Set down exactly the lines in the records below that run from the line with "then fails (unknown_opcode op offset)" to the line with "find_op [] offset = none", inclusive, and nothing more.

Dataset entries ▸
"""

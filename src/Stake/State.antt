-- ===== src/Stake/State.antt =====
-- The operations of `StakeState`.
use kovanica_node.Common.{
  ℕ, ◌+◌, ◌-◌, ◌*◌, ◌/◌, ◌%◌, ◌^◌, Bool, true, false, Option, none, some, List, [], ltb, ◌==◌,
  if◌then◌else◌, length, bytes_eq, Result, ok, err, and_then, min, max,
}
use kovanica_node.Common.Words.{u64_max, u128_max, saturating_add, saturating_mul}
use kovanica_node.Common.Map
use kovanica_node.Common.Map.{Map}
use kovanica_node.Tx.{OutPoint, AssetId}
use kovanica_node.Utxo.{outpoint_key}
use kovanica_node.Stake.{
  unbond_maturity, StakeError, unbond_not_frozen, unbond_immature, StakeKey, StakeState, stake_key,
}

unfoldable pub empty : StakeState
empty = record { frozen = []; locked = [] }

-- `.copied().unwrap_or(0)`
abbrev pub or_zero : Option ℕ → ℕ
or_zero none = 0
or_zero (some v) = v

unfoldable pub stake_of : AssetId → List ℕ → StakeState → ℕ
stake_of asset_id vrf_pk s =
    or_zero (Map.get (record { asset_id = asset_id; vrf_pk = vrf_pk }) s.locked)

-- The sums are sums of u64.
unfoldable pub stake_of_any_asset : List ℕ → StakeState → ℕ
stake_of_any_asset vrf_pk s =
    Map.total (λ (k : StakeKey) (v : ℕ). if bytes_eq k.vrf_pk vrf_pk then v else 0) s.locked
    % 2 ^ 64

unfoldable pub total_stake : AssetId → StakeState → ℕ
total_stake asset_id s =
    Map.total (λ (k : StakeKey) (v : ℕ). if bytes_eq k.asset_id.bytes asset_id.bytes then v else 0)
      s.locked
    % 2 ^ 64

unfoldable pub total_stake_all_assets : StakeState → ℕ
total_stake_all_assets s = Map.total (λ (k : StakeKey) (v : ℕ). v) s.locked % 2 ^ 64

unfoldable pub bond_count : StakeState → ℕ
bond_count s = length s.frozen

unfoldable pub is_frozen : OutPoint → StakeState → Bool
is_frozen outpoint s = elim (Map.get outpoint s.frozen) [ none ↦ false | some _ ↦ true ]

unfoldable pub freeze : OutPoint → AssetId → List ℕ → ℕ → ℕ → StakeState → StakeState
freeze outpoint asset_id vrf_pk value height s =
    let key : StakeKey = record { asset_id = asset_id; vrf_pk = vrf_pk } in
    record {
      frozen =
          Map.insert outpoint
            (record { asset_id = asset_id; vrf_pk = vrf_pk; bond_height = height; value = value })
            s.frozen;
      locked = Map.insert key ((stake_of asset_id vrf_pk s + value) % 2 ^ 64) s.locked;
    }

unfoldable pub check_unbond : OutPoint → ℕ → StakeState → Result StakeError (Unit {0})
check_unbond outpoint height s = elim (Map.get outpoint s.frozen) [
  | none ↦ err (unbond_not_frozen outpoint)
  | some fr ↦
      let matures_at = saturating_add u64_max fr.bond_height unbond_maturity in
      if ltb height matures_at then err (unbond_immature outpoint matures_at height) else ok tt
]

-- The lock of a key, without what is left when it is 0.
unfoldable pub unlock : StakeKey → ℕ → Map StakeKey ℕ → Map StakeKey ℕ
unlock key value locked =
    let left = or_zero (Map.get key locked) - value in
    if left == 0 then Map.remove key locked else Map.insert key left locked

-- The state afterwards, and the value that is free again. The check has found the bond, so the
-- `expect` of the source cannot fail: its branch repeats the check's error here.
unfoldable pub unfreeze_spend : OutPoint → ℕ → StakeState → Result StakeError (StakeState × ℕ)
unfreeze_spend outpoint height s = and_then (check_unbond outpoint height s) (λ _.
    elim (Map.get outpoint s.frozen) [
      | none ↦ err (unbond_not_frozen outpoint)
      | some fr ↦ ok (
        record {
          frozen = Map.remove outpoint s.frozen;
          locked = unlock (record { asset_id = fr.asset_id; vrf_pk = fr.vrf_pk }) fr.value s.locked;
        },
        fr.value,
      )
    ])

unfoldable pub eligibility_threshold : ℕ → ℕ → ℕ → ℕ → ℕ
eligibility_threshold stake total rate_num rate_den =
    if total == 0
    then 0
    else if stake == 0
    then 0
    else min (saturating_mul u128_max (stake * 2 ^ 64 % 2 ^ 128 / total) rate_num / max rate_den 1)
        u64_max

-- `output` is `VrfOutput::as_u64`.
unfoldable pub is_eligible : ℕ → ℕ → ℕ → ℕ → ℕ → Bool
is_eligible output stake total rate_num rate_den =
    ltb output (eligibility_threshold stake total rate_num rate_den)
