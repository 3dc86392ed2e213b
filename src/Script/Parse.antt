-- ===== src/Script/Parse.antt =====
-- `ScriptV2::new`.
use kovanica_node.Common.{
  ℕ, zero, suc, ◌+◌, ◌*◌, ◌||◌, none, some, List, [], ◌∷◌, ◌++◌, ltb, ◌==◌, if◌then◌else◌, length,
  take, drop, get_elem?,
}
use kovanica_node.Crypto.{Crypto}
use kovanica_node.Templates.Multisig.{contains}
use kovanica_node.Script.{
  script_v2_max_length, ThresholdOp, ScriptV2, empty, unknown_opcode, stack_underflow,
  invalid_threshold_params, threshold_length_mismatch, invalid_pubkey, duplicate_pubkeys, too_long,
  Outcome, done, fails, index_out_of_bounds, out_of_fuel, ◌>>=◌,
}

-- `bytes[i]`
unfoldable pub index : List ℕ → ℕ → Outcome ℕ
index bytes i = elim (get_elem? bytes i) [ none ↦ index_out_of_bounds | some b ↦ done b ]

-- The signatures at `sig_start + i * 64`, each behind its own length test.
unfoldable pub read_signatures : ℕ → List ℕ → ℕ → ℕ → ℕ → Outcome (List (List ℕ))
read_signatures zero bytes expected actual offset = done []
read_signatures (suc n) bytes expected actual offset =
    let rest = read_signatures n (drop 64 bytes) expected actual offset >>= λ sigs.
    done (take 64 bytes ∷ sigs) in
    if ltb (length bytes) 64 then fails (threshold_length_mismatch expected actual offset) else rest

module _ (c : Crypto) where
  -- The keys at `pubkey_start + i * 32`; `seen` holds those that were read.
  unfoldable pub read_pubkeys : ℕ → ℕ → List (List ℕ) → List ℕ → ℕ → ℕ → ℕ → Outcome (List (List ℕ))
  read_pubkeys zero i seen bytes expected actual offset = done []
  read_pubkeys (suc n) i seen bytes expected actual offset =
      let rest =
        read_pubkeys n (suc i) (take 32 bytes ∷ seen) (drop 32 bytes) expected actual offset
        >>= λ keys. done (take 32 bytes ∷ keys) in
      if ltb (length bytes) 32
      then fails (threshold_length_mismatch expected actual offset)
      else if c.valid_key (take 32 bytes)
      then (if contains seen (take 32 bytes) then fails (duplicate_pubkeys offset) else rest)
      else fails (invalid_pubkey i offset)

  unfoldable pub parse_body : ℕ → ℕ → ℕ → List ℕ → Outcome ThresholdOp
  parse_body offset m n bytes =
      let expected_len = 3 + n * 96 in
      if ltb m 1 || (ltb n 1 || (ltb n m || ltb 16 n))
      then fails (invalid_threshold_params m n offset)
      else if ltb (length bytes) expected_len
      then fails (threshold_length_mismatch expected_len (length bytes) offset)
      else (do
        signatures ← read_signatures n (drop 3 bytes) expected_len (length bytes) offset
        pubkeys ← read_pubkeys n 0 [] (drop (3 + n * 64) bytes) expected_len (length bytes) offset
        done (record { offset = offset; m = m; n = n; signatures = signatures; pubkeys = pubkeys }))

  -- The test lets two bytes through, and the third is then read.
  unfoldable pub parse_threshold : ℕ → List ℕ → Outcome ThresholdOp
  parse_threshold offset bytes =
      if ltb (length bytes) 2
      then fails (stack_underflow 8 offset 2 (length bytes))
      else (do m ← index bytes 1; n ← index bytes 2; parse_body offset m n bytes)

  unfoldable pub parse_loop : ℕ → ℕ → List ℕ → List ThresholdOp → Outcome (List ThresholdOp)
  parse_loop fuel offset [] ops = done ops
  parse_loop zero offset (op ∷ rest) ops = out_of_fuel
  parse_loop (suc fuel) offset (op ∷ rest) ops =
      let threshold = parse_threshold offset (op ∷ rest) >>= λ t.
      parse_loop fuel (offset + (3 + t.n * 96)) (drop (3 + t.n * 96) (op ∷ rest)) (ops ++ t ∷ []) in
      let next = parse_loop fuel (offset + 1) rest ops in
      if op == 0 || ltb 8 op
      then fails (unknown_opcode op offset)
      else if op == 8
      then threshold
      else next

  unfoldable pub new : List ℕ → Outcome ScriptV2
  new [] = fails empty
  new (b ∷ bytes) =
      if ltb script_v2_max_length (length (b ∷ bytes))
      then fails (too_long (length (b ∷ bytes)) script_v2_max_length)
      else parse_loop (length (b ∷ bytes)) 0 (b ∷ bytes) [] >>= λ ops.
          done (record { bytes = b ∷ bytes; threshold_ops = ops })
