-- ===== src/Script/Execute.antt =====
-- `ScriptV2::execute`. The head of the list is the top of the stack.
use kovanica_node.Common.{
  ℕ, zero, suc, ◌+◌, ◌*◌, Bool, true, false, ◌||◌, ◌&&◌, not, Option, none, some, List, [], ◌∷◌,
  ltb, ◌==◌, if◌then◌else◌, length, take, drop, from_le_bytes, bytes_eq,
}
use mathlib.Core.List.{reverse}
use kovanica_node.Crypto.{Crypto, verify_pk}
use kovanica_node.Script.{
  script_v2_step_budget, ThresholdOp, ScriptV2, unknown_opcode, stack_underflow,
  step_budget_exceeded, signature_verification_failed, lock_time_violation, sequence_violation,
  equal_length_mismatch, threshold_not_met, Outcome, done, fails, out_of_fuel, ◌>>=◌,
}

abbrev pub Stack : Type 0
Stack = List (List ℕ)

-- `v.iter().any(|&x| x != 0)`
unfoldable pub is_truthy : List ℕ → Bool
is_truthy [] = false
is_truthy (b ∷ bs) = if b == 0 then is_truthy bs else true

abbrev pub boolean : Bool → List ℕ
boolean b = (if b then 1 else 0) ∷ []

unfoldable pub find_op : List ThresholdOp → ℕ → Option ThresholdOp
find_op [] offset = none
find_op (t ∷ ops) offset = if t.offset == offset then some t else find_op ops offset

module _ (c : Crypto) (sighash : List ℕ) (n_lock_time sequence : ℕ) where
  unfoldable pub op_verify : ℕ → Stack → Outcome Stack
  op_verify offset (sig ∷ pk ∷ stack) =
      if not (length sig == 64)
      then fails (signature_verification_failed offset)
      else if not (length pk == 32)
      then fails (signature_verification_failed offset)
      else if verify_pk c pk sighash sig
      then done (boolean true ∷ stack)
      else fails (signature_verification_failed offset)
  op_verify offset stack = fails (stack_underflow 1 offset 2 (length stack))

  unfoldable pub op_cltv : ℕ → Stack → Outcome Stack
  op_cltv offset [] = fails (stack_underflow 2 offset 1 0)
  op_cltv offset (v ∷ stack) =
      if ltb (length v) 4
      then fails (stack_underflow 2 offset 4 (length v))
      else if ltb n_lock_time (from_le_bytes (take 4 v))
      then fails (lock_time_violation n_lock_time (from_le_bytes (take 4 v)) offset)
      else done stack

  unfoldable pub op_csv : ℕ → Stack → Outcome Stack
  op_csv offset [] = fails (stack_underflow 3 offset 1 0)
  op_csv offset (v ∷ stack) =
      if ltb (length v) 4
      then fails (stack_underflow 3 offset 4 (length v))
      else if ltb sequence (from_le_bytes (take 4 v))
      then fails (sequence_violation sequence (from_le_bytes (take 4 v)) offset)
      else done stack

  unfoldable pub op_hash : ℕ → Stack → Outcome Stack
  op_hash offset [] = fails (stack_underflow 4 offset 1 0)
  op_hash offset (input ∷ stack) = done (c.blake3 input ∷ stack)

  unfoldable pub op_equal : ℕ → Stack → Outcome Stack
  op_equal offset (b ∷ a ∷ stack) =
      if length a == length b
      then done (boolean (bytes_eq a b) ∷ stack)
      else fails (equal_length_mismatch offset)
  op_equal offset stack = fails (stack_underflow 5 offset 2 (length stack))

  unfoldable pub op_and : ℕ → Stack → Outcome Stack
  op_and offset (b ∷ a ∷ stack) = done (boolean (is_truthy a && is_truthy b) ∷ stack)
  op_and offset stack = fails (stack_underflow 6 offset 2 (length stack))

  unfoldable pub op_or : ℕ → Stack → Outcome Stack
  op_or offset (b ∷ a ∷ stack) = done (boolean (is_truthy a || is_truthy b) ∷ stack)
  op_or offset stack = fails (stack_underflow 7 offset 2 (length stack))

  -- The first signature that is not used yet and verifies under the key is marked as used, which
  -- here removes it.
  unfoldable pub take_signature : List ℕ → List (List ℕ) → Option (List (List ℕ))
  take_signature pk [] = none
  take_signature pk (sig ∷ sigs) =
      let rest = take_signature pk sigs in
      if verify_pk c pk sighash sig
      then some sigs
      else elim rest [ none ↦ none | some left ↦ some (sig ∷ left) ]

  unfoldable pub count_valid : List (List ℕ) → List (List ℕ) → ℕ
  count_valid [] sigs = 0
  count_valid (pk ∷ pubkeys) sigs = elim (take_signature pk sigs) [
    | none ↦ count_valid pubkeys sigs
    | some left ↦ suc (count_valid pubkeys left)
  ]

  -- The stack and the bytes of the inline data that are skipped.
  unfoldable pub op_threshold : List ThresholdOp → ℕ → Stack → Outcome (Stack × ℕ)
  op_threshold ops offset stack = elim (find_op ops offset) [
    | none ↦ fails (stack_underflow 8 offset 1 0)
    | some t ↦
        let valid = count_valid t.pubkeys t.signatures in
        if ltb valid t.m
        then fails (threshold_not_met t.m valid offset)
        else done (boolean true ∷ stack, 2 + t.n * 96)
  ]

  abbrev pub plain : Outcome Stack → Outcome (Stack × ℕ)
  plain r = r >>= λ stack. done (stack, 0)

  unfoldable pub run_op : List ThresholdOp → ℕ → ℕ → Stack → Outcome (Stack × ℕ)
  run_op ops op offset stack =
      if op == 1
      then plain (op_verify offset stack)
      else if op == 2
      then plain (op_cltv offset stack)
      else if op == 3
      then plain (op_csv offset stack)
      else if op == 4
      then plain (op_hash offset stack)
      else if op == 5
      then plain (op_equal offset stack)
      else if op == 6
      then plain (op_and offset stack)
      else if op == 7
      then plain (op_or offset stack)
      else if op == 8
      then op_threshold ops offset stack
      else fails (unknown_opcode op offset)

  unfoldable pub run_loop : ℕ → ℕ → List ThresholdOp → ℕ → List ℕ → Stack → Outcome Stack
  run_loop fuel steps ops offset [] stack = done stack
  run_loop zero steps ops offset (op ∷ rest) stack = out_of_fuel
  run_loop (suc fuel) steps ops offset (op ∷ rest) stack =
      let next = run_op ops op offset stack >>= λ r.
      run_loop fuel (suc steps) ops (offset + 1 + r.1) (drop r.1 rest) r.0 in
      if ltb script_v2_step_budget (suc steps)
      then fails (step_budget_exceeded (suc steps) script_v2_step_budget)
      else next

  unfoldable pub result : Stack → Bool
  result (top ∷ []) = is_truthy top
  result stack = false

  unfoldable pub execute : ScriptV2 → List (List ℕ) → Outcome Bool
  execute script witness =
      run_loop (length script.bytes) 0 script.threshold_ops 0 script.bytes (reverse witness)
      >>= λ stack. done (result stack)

"""

Response to this exercise ▸
      then fails (unknown_opcode op offset)
      else if op == 8
      then threshold
      else next

  unfoldable pub new : List ℕ → Outcome ScriptV2
  new [] = fails empty
  new (b ∷ bytes) =
      if ltb script_v2_max_length (length (b ∷ bytes))
      then fails (too_long (length (b ∷ bytes)) script_v2_max_length)
      else parse_loop (length (b ∷ bytes)) 0 (b ∷ bytes) [] >>= λ ops.
          done (record { bytes = b ∷ bytes; threshold_ops = ops })
-- ===== src/Script/Execute.antt =====
-- `ScriptV2::execute`. The head of the list is the top of the stack.
use kovanica_node.Common.{
  ℕ, zero, suc, ◌+◌, ◌*◌, Bool, true, false, ◌||◌, ◌&&◌, not, Option, none, some, List, [], ◌∷◌,
  ltb, ◌==◌, if◌then◌else◌, length, take, drop, from_le_bytes, bytes_eq,
}
use mathlib.Core.List.{reverse}
use kovanica_node.Crypto.{Crypto, verify_pk}
use kovanica_node.Script.{
  script_v2_step_budget, ThresholdOp, ScriptV2, unknown_opcode, stack_underflow,
  step_budget_exceeded, signature_verification_failed, lock_time_violation, sequence_violation,
  equal_length_mismatch, threshold_not_met, Outcome, done, fails, out_of_fuel, ◌>>=◌,
}

abbrev pub Stack : Type 0
Stack = List (List ℕ)

-- `v.iter().any(|&x| x != 0)`
unfoldable pub is_truthy : List ℕ → Bool
is_truthy [] = false
is_truthy (b ∷ bs) = if b == 0 then is_truthy bs else true

abbrev pub boolean : Bool → List ℕ
boolean b = (if b then 1 else 0) ∷ []

unfoldable pub find_op : List ThresholdOp → ℕ → Option ThresholdOp
find_op [] offset = none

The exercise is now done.